# BEST EXHAUST FOR THE TITAN?? HELP!



## GA16DET_93 (Jan 26, 2006)

today i went to a muffler shop that is known for great reputation. i asked the guy what whould be better a borla or a flowmaster he said the borla is better and is better quality and said they are about the same. i took a look at the borla that he'll be installing its a borla Xs exhaust i wasnt sure about the borla it looked small and its the kind thats on my friends bmw and 300z, then i took a look at the borla site for the titan the muffler looked bigger. should i install the borla xs or just swap in a flowmaster 40 series. for the borla its $220 coming out of the stock location but giving it a banks style look on the tip. and for the flowmaster its $180 so im not really sure which one to swap. please help!!


----------



## Misery-Tom (Oct 16, 2005)

stick with the borla, it has a million mile warrenty i belive, it will never rust on u, not to mention it sounds frickin awsome lol, borla is a little pricey, but belive me, its worth it... my dad had a 1988 toyota 4-runner that he put a borla exhaust on after he first bought it brand new, he sold the truck last yr, the borla exhaust still looked like it did in 1988 lol, not one spot of rust or anything!, i was amazed.


for the titan try to get the borla turbo xl muffler with single in / dual out, ive heard a sound clip of it, and its sounds unbeliveable!

on my truck i just did a swap with a FM 40 series on the stock piping, it too sounds great, tho there is alot of in-cab drone, which can be a little annoying over long road trips, but you get used to it over time.
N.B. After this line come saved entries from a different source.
-- ===== src/Optimistic/Ordered/Envelopes.antt =====
-- The order of the visible items of client/optimistic.ts through an envelope.
use sync_resource.Shared.{◌≡◌, true, false, not, ◌&&◌, Option, List, [], ◌∷◌}
use sync_resource.Js.{Value}
use sync_resource.Protocol.{
  SyncChange, page_loaded, item_added, item_updated, item_deleted, reset, SyncEnvelope,
}
use sync_resource.Optimistic.Types.{State, PendingCommand, Host, Reconcile}
use sync_resource.Optimistic.Order.Sorted.{IsOrder}
use sync_resource.Optimistic.Envelope.{
  Client, is_add, apply_change, apply_changes, source_command, apply_envelope,
}
use sync_resource.Optimistic.Every.Maps.{Every}
use sync_resource.Optimistic.Every.Envelopes.{
  apply_added-Every, apply_updated-Every, apply_deleted-Every, mark_pages_stale-Every,
}
use sync_resource.Optimistic.Aligned.{
  add_item-KeepsAligned, update_item-KeepsAligned, drop_item-KeepsAligned,
}
use sync_resource.Optimistic.Aligned.Inserts.{IsAligned}
use sync_resource.Optimistic.Aligned.Loads.{apply_page_items-Aligned}
use sync_resource.Optimistic.Stale.{stale-IsAligned}
use sync_resource.Optimistic.Ordered.{
  add_item-Keeps-IsOrdered, update_item-Keeps-IsOrdered, drop_item-Keeps-IsOrdered,
}
use sync_resource.Optimistic.Ordered.Families.{IsOrdered}
use sync_resource.Optimistic.Ordered.Loads.{apply_page_items-Ordered}

-- Every family's arrays and pages are aligned, and its flag is truthful.
abbrev pub IsInOrder : Reconcile → State → Type 0
IsInOrder reconcile s = Every IsAligned s.families × Every (IsOrdered reconcile.compare) s.families

module _ (host : Host) (reconcile : Reconcile) (order : IsOrder reconcile.compare) where
  apply_change-IsInOrder :
      (query : Value) (source : Option PendingCommand) (change : SyncChange) (c : Client)
      → (is_add source && not reconcile.sorted_placement) ≡ false
      → IsInOrder reconcile c.state
      → IsInOrder reconcile (apply_change host reconcile query source change c).state
  unfolding apply_change
  apply_change-IsInOrder query source (page_loaded items cursor) c other (a, o) = (
    apply_page_items-Aligned host reconcile c.state items query cursor Value.undefined true a,
    apply_page_items-Ordered host reconcile c.state items query cursor Value.undefined true a o,
  )
  apply_change-IsInOrder query source (item_added id value) c other (a, o) = rw other (
    apply_added-Every IsAligned host reconcile false id value c.state
        (λ active. add_item-KeepsAligned host reconcile active false id value) a,
    apply_added-Every (IsOrdered reconcile.compare) host reconcile false id value c.state
        (λ active. add_item-Keeps-IsOrdered host reconcile order active id value) o,
  )
  apply_change-IsInOrder query source (item_updated id patch value) c other (a, o) = (
    apply_updated-Every IsAligned host reconcile id patch value c.state
        (update_item-KeepsAligned host reconcile id) a,
    apply_updated-Every (IsOrdered reconcile.compare) host reconcile id patch value c.state
        (update_item-Keeps-IsOrdered host reconcile order id) o,
  )
  apply_change-IsInOrder query source (item_deleted id) c other (a, o) = (
    apply_deleted-Every IsAligned host reconcile id c.state (drop_item-KeepsAligned id) a,
    apply_deleted-Every (IsOrdered reconcile.compare) host reconcile id c.state
        (drop_item-Keeps-IsOrdered host reconcile order id) o,
  )
  apply_change-IsInOrder query source (reset manifest) c other (a, o) = (
    mark_pages_stale-Every IsAligned c.state.families stale-IsAligned a,
    mark_pages_stale-Every (IsOrdered reconcile.compare) c.state.families
        (λ f h. record { items = h.items; truthful = h.truthful }) o,
  )

  apply_changes-IsInOrder :
      (query : Value) (source : Option PendingCommand) (changes : List SyncChange) (c : Client)
      → (is_add source && not reconcile.sorted_placement) ≡ false
      → IsInOrder reconcile c.state
      → IsInOrder reconcile (apply_changes host reconcile query source changes c).state
  unfolding apply_changes
  apply_changes-IsInOrder query source [] c other h = h
  apply_changes-IsInOrder query source (change ∷ changes) c other h =
      apply_changes-IsInOrder query source changes _ other
        (apply_change-IsInOrder query source change c other h)

  -- With a comparator that is a total preorder, an envelope leaves the flag `sorted` of every family
  -- truthful, unless it answers an own add that is appended to the first page.
  pub apply_envelope-IsInOrder :
      (e : SyncEnvelope) (query : Value) (c : Client)
      → (is_add (source_command host reconcile e c.pending) && not reconcile.sorted_placement)
        ≡ false
      → IsInOrder reconcile c.state
      → IsInOrder reconcile (apply_envelope host reconcile e query c).state
  unfolding apply_envelope
  apply_envelope-IsInOrder e query c other h =
      apply_changes-IsInOrder query (source_command host reconcile e c.pending) e.changes c other h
FM just has that obnoxious [email protected] tone that i happen to love lol


----------



## shadowracer8 (Jul 12, 2006)

Flowmaster 40 series. with dual exhaust. Sounds great and performance is awesome


----------



## Nismom (Apr 27, 2003)

I have a custom dual in/out with FM 70 series, and it was $200 OTD cheaper than the American Thunder kit.


----------



## sunnysentra (Jul 24, 2002)

I cutout the stock muffler and installed a Flowmaster 50 SUV. Its fairly loud at low speeds, but quiet on highway, little drone which I liked. I used to have a Borla on my 92 SE-R and it sounded like s..t It droned all the time on the highway. annoying to say the least. 
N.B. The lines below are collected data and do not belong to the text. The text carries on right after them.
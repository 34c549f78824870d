-- ===== src/Optimistic/Order/Sorting.antt =====
-- The visible sort of client/optimistic.ts answers items in the comparator's order.
use sync_resource.Shared.{
  zero, suc, ◌<◌, ◌≡◌, refl, true, none, some, List, [], ◌∷◌, arith, inl, inr, length, Bool-cases,
}
use sync_resource.Js.{Value}
use sync_resource.Optimistic.Types.{Sign}
use sync_resource.Optimistic.Order.{Comparator, compared, is_positive, insert_stable, sort_items}
use sync_resource.Optimistic.Order.Sorted.{Le, IsOrder, item_at, IsSorted}

cons-IsSorted :
    (compare : Comparator) (x : Value) (xs : List Value)
    → (0 < length xs → Le compare x (item_at xs 0))
    → IsSorted compare xs
    → IsSorted compare (x ∷ xs)
cons-IsSorted compare x xs first rest zero lo hi = first (omega arith)
cons-IsSorted compare x xs first rest (suc i) lo hi = rest i (omega arith) (omega arith)

tail-IsSorted :
    (compare : Comparator) (x : Value) (xs : List Value)
    → IsSorted compare (x ∷ xs)
    → IsSorted compare xs
tail-IsSorted compare x xs sorted i lo hi = sorted (suc i) (omega arith) (omega arith)

module _ (compare : Value → Value → Sign) (order : IsOrder (some compare)) where
  positive_flips : (x y : Value) → is_positive (compare x y) ≡ true → Le (some compare) y x
  unfolding is_positive compared
  positive_flips x y e = order.flip x y (ground arith)

  -- What comes first after an insertion comes no earlier than a lower bound of the item and the rest.
  head-insert_stable :
      (y x : Value) (ys : List Value)
      → Le (some compare) y x
      → (0 < length ys → Le (some compare) y (item_at ys 0))
      → Le (some compare) y (item_at (insert_stable compare x ys) 0)
  unfolding insert_stable
  head-insert_stable y x [] le first = le
  head-insert_stable y x (z ∷ ys) le first = elim (Bool-cases (is_positive (compare x z))) [
    | inl later ↦ rw later (first (omega arith))
    | inr here ↦ rw here le
  ]

  insert_stable-IsSorted :
      (x : Value) (ys : List Value)
      → IsSorted (some compare) ys
      → IsSorted (some compare) (insert_stable compare x ys)
  unfolding insert_stable compared
  insert_stable-IsSorted x [] sorted =
      cons-IsSorted (some compare) x [] (λ h. absurd (omega arith))
        (λ i lo hi. absurd (omega arith))
  insert_stable-IsSorted x (y ∷ ys) sorted = elim (Bool-cases (is_positive (compare x y))) [
    | inr here ↦ rw here (cons-IsSorted (some compare) x (y ∷ ys) (λ h. here) sorted)
    | inl later ↦ rw later (
        cons-IsSorted (some compare) y (insert_stable compare x ys)
          (λ h.
            head-insert_stable y x ys (positive_flips x y later)
              (λ more. sorted 0 (omega arith) (omega arith)))
          (insert_stable-IsSorted x ys (tail-IsSorted (some compare) y ys sorted)))
  ]

  sort_some-IsSorted : (xs : List Value) → IsSorted (some compare) (sort_items (some compare) xs)
  unfolding sort_items
  sort_some-IsSorted [] i lo hi = absurd (omega arith)
  sort_some-IsSorted (x ∷ xs) i lo hi = insert_stable-IsSorted x _ (sort_some-IsSorted xs) i lo hi

-- The sort answers sorted items, in any total preorder.
pub sort_items-IsSorted :
    (compare : Comparator) (xs : List Value)
    → IsOrder compare
    → IsSorted compare (sort_items compare xs)
unfolding compared is_positive
sort_items-IsSorted none xs order i lo hi = refl
sort_items-IsSorted (some compare) xs order i lo hi = sort_some-IsSorted compare order xs i lo hi
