-- ===== src/Optimistic/Shown.antt =====
-- What a store of client/optimistic.ts shows: the visible items are in the comparator's order.
use sync_resource.Shared.{
  String, Bool, not, ◌||◌, some, List, [], ◌∷◌, inl, inr, Bool-cases, Option-cases,
}
use sync_resource.Js.{Value, is_set}
use sync_resource.Optimistic.Types.{Family, State, PendingCommand, Host, Reconcile}
use sync_resource.Optimistic.Order.Sorted.{IsOrder, IsSorted}
use sync_resource.Optimistic.Order.Sorting.{sort_items-IsSorted}
use sync_resource.Optimistic.Refs.{no_families}
use sync_resource.Optimistic.Window.{plain_items}
use sync_resource.Optimistic.Families.{get_active_family}
use sync_resource.Optimistic.Overlay.{overlay_items, family_items}
use sync_resource.Optimistic.Views.{active_items}
use sync_resource.Optimistic.Every.{get_active_family-Every}
use sync_resource.Optimistic.Every.Maps.{Every, get-Every}
use sync_resource.Optimistic.Ordered.Families.{IsOrdered}
use sync_resource.Optimistic.Coherent.{IsCoherent}
use sync_resource.Optimistic.Coherent.States.{plain_family_items-fresh, get-get_active_family}

module _ (host : Host) (reconcile : Reconcile) (order : IsOrder reconcile.compare) where
  plain_items-IsSorted :
      (f : Family)
      → IsOrdered reconcile.compare f
      → IsSorted reconcile.compare (plain_items f reconcile)
  unfolding plain_items
  plain_items-IsSorted f h = elim (Bool-cases f.sorted) [
    | inl flag ↦ rw flag (h.truthful flag)
    | inr free ↦ rw free (sort_items-IsSorted reconcile.compare f.items order)
  ]

  overlay_items-IsSorted :
      (ids : List String) (items : List Value) (commands : List PendingCommand)
      (should_add : Value → Bool)
      → IsSorted reconcile.compare (overlay_items ids items reconcile commands should_add)
  unfolding overlay_items
  overlay_items-IsSorted ids items commands should_add =
      sort_items-IsSorted reconcile.compare _ order

  family_items-IsSorted :
      (f : Family) (commands : List PendingCommand) (should_add : Value → Bool)
      → IsOrdered reconcile.compare f
      → IsCoherent reconcile f
      → IsSorted reconcile.compare (family_items (some f) reconcile commands should_add).1
  unfolding family_items
  family_items-IsSorted f (c ∷ cs) should_add ordered coherent =
      overlay_items-IsSorted f.ids f.items (c ∷ cs) should_add
  family_items-IsSorted f [] should_add ordered coherent =
      rw (plain_family_items-fresh host reconcile f coherent).0 (plain_items-IsSorted f ordered)

  -- The active items are in the order of the comparator, whatever commands are pending, where the
  -- comparator is a total preorder, the flags are truthful and the views that families keep are fresh.
  pub active_items-IsSorted :
      (s : State) (commands : List PendingCommand)
      → Every (IsOrdered reconcile.compare) s.families
      → Every (IsCoherent reconcile) s.families
      → IsSorted reconcile.compare (active_items s reconcile commands).1
  unfolding active_items family_items
  active_items-IsSorted s commands ordered coherent =
      let s' = (get_active_family s).0 in
      elim (Option-cases (get_active_family s).1) [
        | inr (f, e) ↦
            let there = get-get_active_family host reconcile s f e in
            rw (e, active_items)
              (family_items-IsSorted f commands _
                (get-Every (IsOrdered reconcile.compare) _ s'.families f
                  (get_active_family-Every (IsOrdered reconcile.compare) s ordered) there)
                (get-Every (IsCoherent reconcile) _ s'.families f
                  (get_active_family-Every (IsCoherent reconcile) s coherent) there))
        | inl e ↦
            rw (e, active_items)
              (elim (Bool-cases (is_set s'.active_family_key || not (no_families s'.families))) [
                | inl paged ↦ rw paged (overlay_items-IsSorted [] [] commands _)
                | inr single ↦ rw single (overlay_items-IsSorted _ _ commands _)
              ])
      ]
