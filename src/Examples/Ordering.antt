-- ===== src/Examples/Ordering.antt =====
-- The comparator of client/optimistic.ts at concrete inputs.
use sync_resource.Shared.{
  ℕ, ◌≡◌, ◌↔◌, refl, true, false, not, ◌&&◌, none, some, [], ◌∷◌, arith, ltb, if◌then◌else◌,
}
use sync_resource.Js.{Value, property}
use sync_resource.Optimistic.Types.{Sign, State, Reconcile, create_optimistic_state}
use sync_resource.Optimistic.Order.{
  Comparator, compared, is_positive, is_sorted_from, find_insert_index,
}
use sync_resource.Optimistic.Order.Sorted.{
  not_negative, IsOrder, SortedFrom, IsSorted, is_sorted_from_iff,
}
use sync_resource.Optimistic.Order.Search.{Splits, find_insert_index-Splits}
use sync_resource.Optimistic.Pages.{apply_page_items}
use sync_resource.Optimistic.Envelope.{Client, is_add, source_command, apply_envelope}
use sync_resource.Optimistic.Views.{active_items}
use sync_resource.Optimistic.Every.Maps.{Every}
use sync_resource.Optimistic.Aligned.Loads.{apply_page_items-Aligned}
use sync_resource.Optimistic.Ordered.Families.{IsOrdered}
use sync_resource.Optimistic.Ordered.Loads.{apply_page_items-Ordered}
use sync_resource.Optimistic.Ordered.Envelopes.{IsInOrder, apply_envelope-IsInOrder}
use sync_resource.Optimistic.Coherent.Steps.{AllCoherent, apply_page_items-Coherent}
use sync_resource.Optimistic.Shown.{active_items-IsSorted}
use sync_resource.Examples.Fixtures.{test_host, test_reconcile, item, two_items, envelope}

-- A comparator by the field `n`.
abbrev rank_of : Value → ℕ
rank_of (Value.number n) = n
rank_of _ = 0

abbrev rank : Value → ℕ
rank v = rank_of (property "n" v)

abbrev sign_of : ℕ → ℕ → Sign
sign_of a b = if ltb a b then Sign.negative else if ltb b a then Sign.positive else Sign.zero

abbrev by_number : Comparator
by_number = some (λ a b. sign_of (rank a) (rank b))

sign_trans :
    (a b c : ℕ)
    → is_positive (sign_of a b) ≡ false
    → is_positive (sign_of b c) ≡ false
    → is_positive (sign_of a c) ≡ false
unfolding is_positive
sign_trans a b c ab bc = ground arith

sign_flip : (a b : ℕ) → not_negative (sign_of a b) ≡ true → is_positive (sign_of b a) ≡ false
unfolding is_positive
sign_flip a b ab = ground arith

by_number-IsOrder : IsOrder by_number
unfolding compared
by_number-IsOrder = record {
  trans = λ a b c ab bc. sign_trans (rank a) (rank b) (rank c) ab bc;
  flip = λ a b ab. sign_flip (rank a) (rank b) ab;
}

abbrev ordered_reconcile : Reconcile
ordered_reconcile = record test_reconcile { compare = by_number }

two_items_sorted : is_sorted_from two_items 0 by_number ≡ true
unfolding is_sorted_from property
two_items_sorted = refl

two_items-IsSorted : IsSorted by_number two_items
two_items-IsSorted = (is_sorted_from_iff by_number two_items 0).0 two_items_sorted

find_insert_index-Splits_example :
    let found = find_insert_index test_host by_number ("a" ∷ "b" ∷ []) two_items (item "c" 1) "c" in
    Splits by_number two_items (item "c" 1) found found
find_insert_index-Splits_example =
    find_insert_index-Splits test_host by_number ("a" ∷ "b" ∷ []) two_items (item "c" 1) "c"
      by_number-IsOrder two_items-IsSorted refl

is_sorted_from_iff_example :
    (is_sorted_from two_items 1 by_number ≡ true) ↔ SortedFrom by_number two_items 1
is_sorted_from_iff_example = is_sorted_from_iff by_number two_items 1

abbrev ordered : State
ordered =
    apply_page_items test_host ordered_reconcile create_optimistic_state two_items Value.undefined
      none Value.undefined true

apply_page_items-Ordered_example : Every (IsOrdered by_number) ordered.families
unfolding create_optimistic_state
apply_page_items-Ordered_example =
    apply_page_items-Ordered test_host ordered_reconcile create_optimistic_state two_items
      Value.undefined none Value.undefined true tt tt

ordered-IsInOrder : IsInOrder ordered_reconcile ordered
unfolding create_optimistic_state
ordered-IsInOrder = (
  apply_page_items-Aligned test_host ordered_reconcile create_optimistic_state two_items
      Value.undefined none Value.undefined true tt,
  apply_page_items-Ordered test_host ordered_reconcile create_optimistic_state two_items
      Value.undefined none Value.undefined true tt tt,
)

abbrev ordered_client : Client
ordered_client = record { state = ordered; pending = [] }

no_own_add : (is_add (source_command test_host ordered_reconcile envelope []) && not false) ≡ false
unfolding is_add source_command
no_own_add = refl

apply_envelope-IsInOrder_example :
    IsInOrder ordered_reconcile
      (apply_envelope test_host ordered_reconcile envelope Value.undefined ordered_client).state
apply_envelope-IsInOrder_example =
    apply_envelope-IsInOrder test_host ordered_reconcile by_number-IsOrder envelope Value.undefined
      ordered_client no_own_add ordered-IsInOrder

ordered-AllCoherent : AllCoherent ordered_reconcile ordered
unfolding create_optimistic_state
ordered-AllCoherent =
    apply_page_items-Coherent test_host ordered_reconcile create_optimistic_state two_items
      Value.undefined none Value.undefined true tt

active_items-IsSorted_example : IsSorted by_number (active_items ordered ordered_reconcile []).1
active_items-IsSorted_example =
    active_items-IsSorted test_host ordered_reconcile by_number-IsOrder ordered []
      ordered-IsInOrder.1 ordered-AllCoherent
Some guy down the street got a system on his titan I have to find out what it is, but it sounds a little louder than mine. 
Chris


----------



## YELLOWV (Mar 4, 2004)

Banks is best!!!


----------



## VetteGuy (Jan 6, 2007)

I sell flowmasters to GM customers. I'd go with a 40 series Flowmaster personally. The sound will be very "throaty" and you should see a slight boost in performance.


----------



## ittamaticstatic (Nov 5, 2003)

I got a FM 50 series 2 in 2 out and it sounds awesome after a few punches but banks gets the most votes all around. Hey nismom if "don't hassle the hoff" means anything then I know you.


----------



## poker_irwin (Jan 8, 2008)

i have a bank on my 07 titan and it sound kick "ss


----------



## Discount Tire (May 9, 2008)

I just installed a Gibson. Here's a link to a write up I did on the product:

http://www.nissanforums.com/titan-armada/148055-project-ballistic-titan.html


----------



## crash007 (Dec 22, 2007)

I just got a FM 40 series installed 1-19-09. Its sounds great a bit of drone noise in the cab but I will get used to it. I noticed a 2.5 mile increase in fuel mileage now I am up to about 17 mpg. I have a replaced the stock air filter with a K&N filter. Before the filter I was getting 12 to 13 mpg after I was getting 14 to 15 mpg. Now that I have a FM 40 series and a filter I am going to be installing a cold air intake and replace the K&N filter with K&N cold air intake and hope to get at least another 2 to 4 mpg. I am also running full synethic 5w30 oil and 45 psi in my tires. I found that if you run 45 psi in my tires that my truck seems to get a bit more mpg. I was told by the dealeer to not have my preassure that high and to bring it back down to 35 psi because the ride is ruffer. No thank you its a truck not a caddy. If anyone might know of anything else out there that might be helpfull in getting better mpg without getting rid of my TITAN please let me know. Thanks.


----------



## ittamaticstatic (Nov 5, 2003)

you want better mpg get a tuner like bully dog power pup or uprev tuning.


----------